Book promotion spammers now travel in packs

Just by chance, the following all happened yesterday.
- Ethan Cole, book marketing specialist, whom I’ve never met, suggests promoting my nine-year-old book Writing Without Bullshit with corporate, university, and Amazon programs. Example text: “Congratulations on Writing Without Bullshit a rare book that cuts through the noise with the same precision it teaches. You’ve not only written a guide to better communication, but a manifesto for a new standard of business writing. Every chapter embodies what professionals crave today: brevity, boldness, and the courage to write with clarity and conviction. Your ‘Iron Imperative’ treating the reader’s time as more valuable than your own resonates deeply in a world overwhelmed by digital clutter. By urging professionals to abandon jargon and embrace substance, Writing Without Bullshit becomes more than a style guide; it’s a modern philosophy of communication. It empowers leaders, marketers, and executives to express complex ideas with confidence and authenticity.” Ethan has no web site.
- Chiara Collins, “book marketer and reviewer,” offers to share a concise idea for expanding my book’s reach, explaining that“Writing Without Bullshit, has become such a touchstone for clarity and purpose in communication. The ‘Iron Imperative’ is both simple and transformative, an idea that feels even more urgent in today’s attention-short world.”

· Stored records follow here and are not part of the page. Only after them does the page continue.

-- ===== src/Server/Runs.antt =====
-- The life of a server: sessions one after the other, from the state that `Init` leaves. Each session
-- may find other files, other commands and another network outside.
use caviar_hacker_grid.Base.{ℕ, ◌+◌, true, [], ◌≡◌, ◌∙◌, refl, ap, sym, arith}
use caviar_hacker_grid.Base.Run.{done}
use caviar_hacker_grid.Base.Text.{Bytes}
use caviar_hacker_grid.Config.{Config}
use caviar_hacker_grid.Handlers.Cloud.{Host}
use caviar_hacker_grid.Handlers.Files.{FileSystem}
use caviar_hacker_grid.Handlers.Table.{HandlerConfiguration}
use caviar_hacker_grid.Server.Session.{Outside, Shared, Served, do_read}
use caviar_hacker_grid.Server.Session.Serving.{
  state_of, answers, Counted, answered, unanswered, do_read-Counted, do_read-IsConsistent,
}
use caviar_hacker_grid.Server.Status as ServerStatus
use caviar_hacker_grid.Server.Ports.{Sockets}
use caviar_hacker_grid.Server.Status.{new_status, log_incoming_request}
use caviar_hacker_grid.Server.Status.Counts.{IsConsistent}
use caviar_hacker_grid.Server.WebServer.{WebServer, new_server, init_server}
use caviar_hacker_grid.Server.WebServer.Setup.{keys, NoRequests, init_server-IsSetUp}

-- The states that sessions reach from a first one, with the number of replies written. Between two
-- sessions, the files may change.
pub data Reached (c : HandlerConfiguration) (first : Shared) : ℕ → Shared → Type 0 where
  no_session : Reached c first 0 first
  files_change :
      {n : ℕ} {w : Shared} (files : FileSystem)
      → Reached c first n w
      → Reached c first n (record w { host = record (w.host) { files = files } })
  session :
      {n : ℕ} {w : Shared} (outside : Outside) (input : Bytes) (served : Served)
      → Reached c first n w
      → do_read outside c [] input w ≡ done served
      → Reached c first (n + answers served) (state_of served)

Counted-paths :
    {input : Bytes} (w : Shared) {served : Served}
    → Counted input w served
    → (state_of served).status.request_handlers ≡ w.status.request_handlers
unfolding log_incoming_request
Counted-paths w (answered _ _ _ _ _ e _) = ap (λ s. s.request_handlers) e
Counted-paths w unanswered = refl

-- What is kept from the first state on.
Reached-kept :
    {c : HandlerConfiguration} {first : Shared} {n : ℕ} {w : Shared}
    → Reached c first n w
    → IsConsistent first.status
    → IsConsistent w.status
      × (w.status.requests ≡ first.status.requests + n)
      × (w.status.request_handlers ≡ first.status.request_handlers)
Reached-kept no_session v = (v, omega arith, refl)
Reached-kept (files_change files r) v = Reached-kept r v
Reached-kept {c} (session {w} outside input served r e) v =
    let (consistent, counted, paths) = Reached-kept r v in
    let (consistent', counted') = do_read-IsConsistent outside c input w served e consistent in
    (
      consistent',
      omega (arith, counted, counted'),
      Counted-paths w (do_read-Counted outside c input w served e) ∙ paths,
    )

NoRequests-IsConsistent : (s : ServerStatus.Status) → NoRequests s → IsConsistent s
NoRequests-IsConsistent s (none, urls, codes) = record {
  urls_sorted = rw urls tt;
  codes_sorted = rw codes tt;
  urls_total = rw (urls, none) refl;
  codes_total = rw (codes, none) refl;
}

-- Once `Init` has accepted the configuration of a new server, in every state that sessions reach, the
-- counters add up to the number of requests, which is the number of replies written, and the status
-- lists the paths of the table that the sessions find their handlers in.
pub init_server-Reached :
    (sockets : Sockets) (config : Config) (host : Host) {server : WebServer} {n : ℕ} {w : Shared}
    → init_server sockets (new_server config) ≡ done (true, server)
    → Reached server.handler_mapping (record { status = server.status; host = host }) n w
    → IsConsistent w.status
      × (w.status.requests ≡ n)
      × (keys server.handler_mapping.request_handlers ≡ keys w.status.request_handlers)
init_server-Reached sockets config host {server} e r =
    let (port, _, ((_, none, _, paths), _, _, _, _)) =
      init_server-IsSetUp sockets (new_server config) e refl in
    let (consistent, counted, kept) = Reached-kept r (NoRequests-IsConsistent server.status none) in
    (consistent, omega (arith, counted, none.0), paths ∙ ap keys (sym kept))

- Roberta Rono offers to feature Writing Without Bullshit in her “literary spotlight program,” including this heartfelt plea: “Writing Without Bullshit is a refreshing manifesto for anyone who wants to write and think with purpose. The Iron Imperative you champion, to treat the reader’s time as more valuable than your own, resonates deeply with our members. In a world overwhelmed by noise and fluff, your insights on clarity, confidence, and honesty in writing are not only practical but empowering.”
- Evelyn Jean offers to create bulk orders for my book, congratulating me on my organic growth of 708 ratings in 8 years (presumably on GoodReads, based on my matching numbers). Evelyn, a “book marketing specialist,” cites her successful promotion of two marginal books of fiction as proof she is an expert on business book promotion and says she deleted her LinkedIn profile because scammers were impersonating her. (There are no book marketers with the name “Evelyn Jean” on LinkedIn.) When I demur, she says “Thanks for your quick reply I’ll admit, your ‘Not interested’ caught me off guard” (presumably because everyone else is jumping at the chance to work with her).

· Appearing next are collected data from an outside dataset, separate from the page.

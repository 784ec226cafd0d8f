-- ===== src/Server/EventLoop/Sessions.antt =====
-- Without overlapping callbacks, what the sessions of `Server::run` share is what sessions one after the
-- other would leave, and each reply written is a connection closed.
use caviar_hacker_grid.Base.{
  ℕ, ◌+◌, ◌≤◌, Bool, true, false, List, [], ◌∷◌, some, ◌≡◌, refl, arith, subst, sym, ap, ◌≢◌,
}
use caviar_hacker_grid.Handlers.Table.{HandlerConfiguration}
use caviar_hacker_grid.Server.EventLoop.{
  Phase, accepting, reading, blocked, closed, left_open, deleted, phase_of, set_phase, one_if, same,
  count, do_accept, Loop, new_loop, num_of_threads, Step, accept, read, Steps, start, further,
  count_closed, Bytes, serial, Mode, race, overlapping, HasThread, read_done, done,
}
use caviar_hacker_grid.Server.EventLoop.Changes.{Ended, written, unanswered, never, read_done-Ended}
use caviar_hacker_grid.Server.EventLoop.Phases.{count-append, count-set_phase}
use caviar_hacker_grid.Server.Runs.{Reached, no_session, session}
use caviar_hacker_grid.Server.Session.{Outside, Shared}

pub count-do_accept :
    (p : Phase) (i : ℕ) (error : Bool) (ps : List Phase)
    → same p reading ≡ false
    → same p accepting ≡ false
    → same p deleted ≡ false
    → phase_of i ps ≡ some accepting
    → count p (do_accept i error ps) ≡ count p ps
unfolding do_accept count
count-do_accept p i true ps r a d e =
    omega (arith, count-set_phase p deleted accepting i ps e, ap one_if a, ap one_if d)
count-do_accept p i false ps r a d e = omega (
  arith,
  count-append p (set_phase i reading ps) (accepting ∷ []),
  count-set_phase p reading accepting i ps e,
  ap one_if a,
  ap one_if r,
)

pub count-ended :
    (p q : Phase) (i : ℕ) (ps : List Phase)
    → same q reading ≡ false
    → phase_of i ps ≡ some reading
    → count q (set_phase i p ps) ≡ count q ps + one_if (same q p)
count-ended p q i ps r e = omega (arith, count-set_phase q p reading i ps e, ap one_if r)

one_if_bound : (b : Bool) → one_if b ≤ 1
one_if_bound b = ground arith

pub serial_ne : serial ≢ overlapping
serial_ne e = cc

-- A session that ends blocks one thread more at most.
Ended-few :
    (c : HandlerConfiguration) (outside : Outside) (input : Bytes) (sent : Bool) (i : ℕ) (l : Loop)
    {l' : Loop}
    → HasThread l
    → phase_of i l.sessions ≡ some reading
    → read_done c outside input sent i l ≡ done l'
    → count blocked l'.sessions ≤ num_of_threads
Ended-few c outside input sent i l t e d =
    let (p, w, x, f) = read_done-Ended c outside input sent i l d in
    subst (λ k. count blocked k.sessions ≤ num_of_threads) (sym f)
      (omega (arith, t, count-ended p blocked i l.sessions refl e, one_if_bound (same blocked p)))

Step_few :
    {c : HandlerConfiguration} {mode : Mode} {l l' : Loop}
    → Step c mode l l'
    → count blocked l'.sessions ≤ num_of_threads
Step_few {l = l} (accept i error t e) =
    omega (arith, t, count-do_accept blocked i error l.sessions refl refl refl e)
Step_few {c} {l = l} (read i outside input sent t e d) = Ended-few c outside input sent i l t e d
Step_few {c} {l = l} (race i outside input sent seen left o t e d) =
    Ended-few c outside input sent i (record l { shared = seen }) t e d

-- No more handlers are blocked than there are threads.
pub Steps_few :
    {c : HandlerConfiguration} {mode : Mode} {first : Shared} {l : Loop}
    → Steps c mode (new_loop first) l
    → count blocked l.sessions ≤ num_of_threads
unfolding count
Steps_few start = omega arith
Steps_few (further s t) = Step_few t

module _ {c : HandlerConfiguration} {first : Shared} where
  Ended-Reached :
      (i : ℕ) (l : Loop) {outside : Outside} {input : Bytes} {p : Phase} {w : Shared}
      → Ended c l outside input p w
      → phase_of i l.sessions ≡ some reading
      → Reached c first (count_closed l.sessions) l.shared
      → Reached c first (count_closed (set_phase i p l.sessions)) w
  Ended-Reached i l {outside} {input} {p} {w} (written text _ d) e r =
      subst (λ n. Reached c first n w)
        (sym (count-ended (closed text) (closed []) i l.sessions refl e))
        (session outside input _ r d)
  Ended-Reached i l {outside} {input} {p} {w} (unanswered _ d) e r =
      subst (λ n. Reached c first n w) (sym (count-ended left_open (closed []) i l.sessions refl e))
        (session outside input _ r d)
  Ended-Reached i l {outside} {input} {p} {w} (never _) e r =
      subst (λ n. Reached c first n w)
        (omega (arith, count-ended blocked (closed []) i l.sessions refl e)) r

  Step-Reached :
      {l l' : Loop}
      → Step c serial l l'
      → Reached c first (count_closed l.sessions) l.shared
      → Reached c first (count_closed l'.sessions) l'.shared
  Step-Reached {l} (accept i error t e) r =
      subst (λ n. Reached c first n l.shared)
        (sym (count-do_accept (closed []) i error l.sessions refl refl refl e)) r
  Step-Reached {l} (read i outside input sent t e d) r =
      let (p, w, x, f) = read_done-Ended c outside input sent i l d in
      subst (λ m. Reached c first (count_closed m.sessions) m.shared) (sym f)
        (Ended-Reached i l x e r)
  Step-Reached (race _ _ _ _ _ _ o _ _ _) r = absurd (serial_ne o)

  -- If no callbacks overlap, what the sessions share is what some sequence of sessions, one after the
  -- other, leaves; its replies are as many as the connections closed.
  pub Steps-Reached :
      {l : Loop}
      → Steps c serial (new_loop first) l
      → Reached c first (count_closed l.sessions) l.shared
  unfolding count
  Steps-Reached start = no_session
  Steps-Reached (further s t) = Step-Reached t (Steps-Reached s)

- Betty Lyna proposes to create a professional landing page for me. I guess this 4-million view 4-million word blog doesn’t count.
A new scam?
None of the people messaging me mention web sites for their promotional programs in their pitches. All have gmail addresses. None appear to be on LinkedIn.

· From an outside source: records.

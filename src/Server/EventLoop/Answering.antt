-- ===== src/Server/EventLoop/Answering.antt =====
-- A connection to a server that still accepts is answered.
use caviar_hacker_grid.Base.{ℕ, suc, false, true, [], ◌∷◌, some, ◌≡◌, refl, arith}
use caviar_hacker_grid.Base.Run.{done}
use caviar_hacker_grid.Base.Text.{Bytes}
use caviar_hacker_grid.Handlers.Table.{HandlerConfiguration}
use caviar_hacker_grid.Server.EventLoop.{
  accepting, reading, blocked, closed, deleted, phase_of, set_phase, count, do_accept, Loop,
  new_loop, HasThread, accept, read, read_done, after_read, do_write, Steps, start, further,
  count_closed, Mode,
}
use caviar_hacker_grid.Server.EventLoop.Accepting.{Steps-one}
use caviar_hacker_grid.Server.EventLoop.Phases.{phase_of-count, phase_of-append, phase_of-set_phase}
use caviar_hacker_grid.Server.EventLoop.Sessions.{count-do_accept, count-ended}
use caviar_hacker_grid.Server.Session.{Outside, Shared, replied, do_read}

read_done-replied :
    (c : HandlerConfiguration) (outside : Outside) (input text : Bytes) (i : ℕ) (l : Loop)
    (w : Shared)
    → do_read outside c [] input l.shared ≡ done (replied text w)
    → read_done c outside input true i l
      ≡ done (record { sessions = set_phase i (closed text) l.sessions; shared = w })
unfolding read_done after_read do_write
read_done-replied c outside input text i l w e = rw (read_done, e) refl

-- While no accept has failed and a thread is left, a client can connect; if `do_read` has a reply to
-- the bytes that come first from there, then that reply is written, the connection is closed, and the
-- counters are those that `do_read` leaves.
pub Steps_answer :
    {c : HandlerConfiguration} {mode : Mode} {first : Shared} {l : Loop} (outside : Outside)
    (input text : Bytes) (w : Shared)
    → Steps c mode (new_loop first) l
    → HasThread l
    → count deleted l.sessions ≡ 0
    → do_read outside c [] input l.shared ≡ done (replied text w)
    → (l' : Loop) × Steps c mode l l'
      × (l'.shared ≡ w)
      × ((i : ℕ) × (phase_of i l'.sessions ≡ some (closed text)))
      × (count_closed l'.sessions ≡ suc (count_closed l.sessions))
      × HasThread l'
unfolding do_accept
Steps_answer {c} {l = l} outside input text w s t none e =
    let one = Steps-one s in
    let (i, at) = phase_of-count l.sessions (λ h. omega (arith, h, none, one)) in
    let m : Loop = record l { sessions = do_accept i false l.sessions } in
    let same_blocked = count-do_accept blocked i false l.sessions refl refl refl at in
    let same_closed = count-do_accept (closed []) i false l.sessions refl refl refl at in
    let reads : phase_of i m.sessions ≡ some reading =
      phase_of-append i reading (set_phase i reading l.sessions) (accepting ∷ [])
        (phase_of-set_phase i reading accepting l.sessions at) in
    let free : HasThread m = omega (arith, t, same_blocked) in
    (
      record { sessions = set_phase i (closed text) m.sessions; shared = w },
      further (further start (accept i false t at))
          (read i outside input true free reads (read_done-replied c outside input text i m w e)),
      refl,
      (i, phase_of-set_phase i (closed text) reading m.sessions reads),
      omega (arith, count-ended (closed text) (closed []) i m.sessions refl reads, same_closed),
      omega (arith, count-ended (closed text) blocked i m.sessions refl reads, free),
    )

Several mention details from my book, including “The Iron Imperative.” But they don’t use the same language. The most likely reason is that they use AI to scrape and reinterpret my book description.
I don’t know what triggered them all to appear on the same day. Either there is some scammer source somewhere that just posted my book, or it might have to do with it crossing the 800-review threshold on GoodReads.
People selling useless services to authors are as common as mushrooms around rotting tree trunks. But AI-powered customized spam is something new. It needs a name. LLaMarketing? Spaim? Splop? Please suggest some better alternatives.
If you do this, just know that authors read my blog and are on the lookout for spammers like you. What’s next, synthetic video of me doing a podcast?
It can’t be because you’ve crossed a threshold in the number of reviews. I have far fewer and these well-crafted pitches have been flooding my inbox. Some of them are quite compelling, and they all reference the content of my book. Who wouldn’t want to be the invited guest at the London Book Club with 2500 eager readers just salivating over my title and desperate to buy it and promote it?
I like ‘spAIm’ for labeling this. It doesn’t exactly roll off the tongue, but with the capital ‘AI’ it reads well.
Ooo! “spAIm” – What a great word! It covers several bases – 1) spam, 2) AI, and 3) their “aim” as they target the naive.
“Just by chance” – to you, maybe. But not by them. Clear targeting. Flooding you with such a heavy barrage of “offers” that you’ll get careless (from sheer exhaustion) and respond. You and a zillion other authors out there, published traditionally or independently. This kind of campaigning has worked forever for every kind of “culture” in which humans commune.
I delete most that I receive, by both email and voice mail. The ones I don’t delete? Those I save, the really well-done emails, are preserved for posterity in a folder named, “They Wanna Make Me Famous.”
You missed the sarcasm.
Maybe I did – hee-hee. I don’t think so. Your sarcasm in many posts is part of what draws me to them. (So many subjects deserve it.) Cheers!